[Stored data]
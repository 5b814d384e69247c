-- ===== src/Risk/Killswitch/Cooldown.antt =====
-- The sticky cooldown of risk/killswitch.py over whole runs of evaluations.
use squeeze_hunter.Prelude.{
  if◌then◌else◌, ℕ, ◌+◌, ◌*◌, ◌<◌, ◌≤◌, ◌≡◌, ◌↔◌, ◌⊎◌, true, false, none, some, List, [], ◌∷◌,
  is_some, All, arith,
}
use squeeze_hunter.Prelude.Floats.{Floats, ◌≼◌}
use squeeze_hunter.Broker.{Time}
use squeeze_hunter.Risk.Killswitch.{
  KillSwitchInputs, KillSwitchLimits, KillSwitchVerdict, KillswitchState, Transition, day,
  evaluate_killswitch, advance_killswitch,
}

-- The switch is active exactly while a first trip is on record, and then it has a reason.
pub record IsConsistent (s : KillswitchState) : Type 0 where
  pub window : s.active ≡ is_some s.first_tripped_at
  pub labelled : s.active ≡ is_some s.reason

-- A tripped verdict names its reason.
abbrev pub IsNamed : KillSwitchVerdict → Type 0
IsNamed v = v.tripped ≡ is_some v.reason

-- The verdicts of a run, each with the time of its evaluation, the oldest first.
pub run : KillswitchState → List (KillSwitchVerdict × Time) → ℕ → KillswitchState
run s [] cooldown = s
run s ((v, now) ∷ rest) cooldown = run (advance_killswitch s v now cooldown).0 rest cooldown

-- From a consistent state, with a verdict that has a reason exactly if it is bad, one step gives a
-- consistent state; it reports `tripped` exactly when the switch goes from
-- inactive to active and `cleared` exactly when it goes from active to inactive.
pub advance_killswitch-edges :
    (s : KillswitchState) (v : KillSwitchVerdict) (now : Time) (cooldown : ℕ)
    → IsConsistent s
    → IsNamed v
    → let (s', transition) = advance_killswitch s v now cooldown in
      IsConsistent s'
      × ((transition ≡ some Transition.tripped) ↔ ((s.active ≡ false) × (s'.active ≡ true)))
      × ((transition ≡ some Transition.cleared) ↔ ((s.active ≡ true) × (s'.active ≡ false)))
unfolding advance_killswitch
advance_killswitch-edges s v now cooldown h n = ground arith

-- In an active state with a first trip, whatever the verdicts, the switch stays active with that same first trip
-- through every run of evaluations inside the window of `cooldown` days.
pub run-stays_active :
    (s : KillswitchState) (trip : Time) (cooldown : ℕ) (steps : List (KillSwitchVerdict × Time))
    → s.active ≡ true
    → s.first_tripped_at ≡ some trip
    → All (λ step. step.1 < trip + cooldown * day) steps
    → ((run s steps cooldown).active ≡ true) × ((run s steps cooldown).first_tripped_at ≡ some trip)
unfolding run advance_killswitch
run-stays_active s trip cooldown [] a e h = (a, e)
run-stays_active s trip cooldown ((v, now) ∷ rest) a e h =
    let s' = (advance_killswitch s v now cooldown).0 in
    run-stays_active s' trip cooldown rest (ground arith) (ground arith) h.1

-- In an active state with a first trip, past the window of `cooldown` days, the switch follows the verdict: a bad one leaves an active switch active with the
-- same first trip, so no second window opens, and a good one clears it.
advance_killswitch-after_window :
    (s : KillswitchState) (v : KillSwitchVerdict) (trip now : Time) (cooldown : ℕ)
    → s.active ≡ true
    → s.first_tripped_at ≡ some trip
    → trip + cooldown * day ≤ now
    → let s' = (advance_killswitch s v now cooldown).0 in
      (s'.active ≡ v.tripped) × (s'.first_tripped_at ≡ (if v.tripped then some trip else none))
unfolding advance_killswitch
advance_killswitch-after_window s v trip now cooldown a e h = ground arith

module _ {F : Type 0} ⦃f : Floats F⦄ where
  -- The verdict trips exactly when one of the five limits is reached, and a tripped one has a reason.
  pub evaluate_killswitch_iff :
      (inp : KillSwitchInputs F) (lim : KillSwitchLimits F)
      → IsNamed (evaluate_killswitch inp lim)
        × (((evaluate_killswitch inp lim).tripped ≡ true) ↔ (
            (inp.rolling_30d_max_drawdown ≼ lim.monthly_drawdown_max)
            ⊎ ((inp.last_3_days_cumulative_pnl_pct ≼ lim.three_day_loss_max)
                ⊎ ((inp.worst_position_gap_pct ≼ lim.gap_through_stop_max)
                    ⊎ ((lim.broker_outage_max_seconds ≤ inp.broker_disconnected_for_seconds)
                        ⊎ (lim.data_stale_max_seconds ≤ inp.critical_data_stale_for_seconds))))))
  unfolding evaluate_killswitch
  evaluate_killswitch_iff inp lim = ground arith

= YOUR OBJECTIVE =
Going through the entries, return every line holding the word "steps".

= ANSWER SECTION =
    (s : KillswitchState) (trip : Time) (cooldown : ℕ) (steps : List (KillSwitchVerdict × Time))
    → All (λ step. step.1 < trip + cooldown * day) steps
    → ((run s steps cooldown).active ≡ true) × ((run s steps cooldown).first_tripped_at ≡ some trip)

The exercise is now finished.